$y$ is directly proportional to $x^3$, you say? And when $x = 4$, $y = 72$? Well, then.

The traditional method is to say:

$y = kx^3$ and substitute in what you know.

$72 = 64k$

$k = \frac{72}{64} = \frac{9}{8}$

That gives $y = \frac98 x^3$. Easy enough.

### But you can do it without the $k$

Rather than introduce an arbitrary constant, you can do this directly by writing it as:

$\frac {y}{y_0} = \frac {x^3}{x_0^3}$, where $x_0$ and $y_0$ are the numbers you're given:

$\frac y {72} = \frac{x^3}{64}$

$y = \frac{72}{64}x^3$, which cancels down to the same thing as before.

### What about inverse proportion?

Same deal, only you flip the second fraction upside down!

If you know $B$ is inversely proportional to $r^2$, and when $r = 3,$ $B = 1$, you can do this:

$\frac {B}{B_0} = \frac{r_0^2}{r^2}$

$\frac{B}{1} = \frac{9}{r^2}$

$B = \frac{9}{r^2}$

I find that a bit easier to get my head around than setting up an arbitrary $k$ and finding its value - but I'd be interested to hear what you think!

## Colin

Colin is a Weymouth maths tutor, author of several Maths For Dummies books and A-level maths guides. He started Flying Colours Maths in 2008.
He lives with an espresso pot and nothing to prove.

## Cav

Here’s what I think: I love the method for speed, but wouldn’t teach it this way until the class understood, as it could cause issues later in when they need to form differential equations.
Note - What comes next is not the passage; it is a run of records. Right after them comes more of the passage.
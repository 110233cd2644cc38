-- ===== src/Actions.antt =====
-- The ledger of agent actions (lineagelens-backend/app/services/agent_action_service.py).
pub mod Arguments
pub mod Risk
pub mod Ledger
pub mod Links
mod Tests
It is a method that could be taught, however, last minute to those who don’t understand to boost test scores. But that isn’t something I’m keen on, and us almost a “necessary evil” by product of the examination system.

## Colin

Although, if you do DE the Ninja’s way, it all drops out nicely đ He’s declared war on arbitrary constants.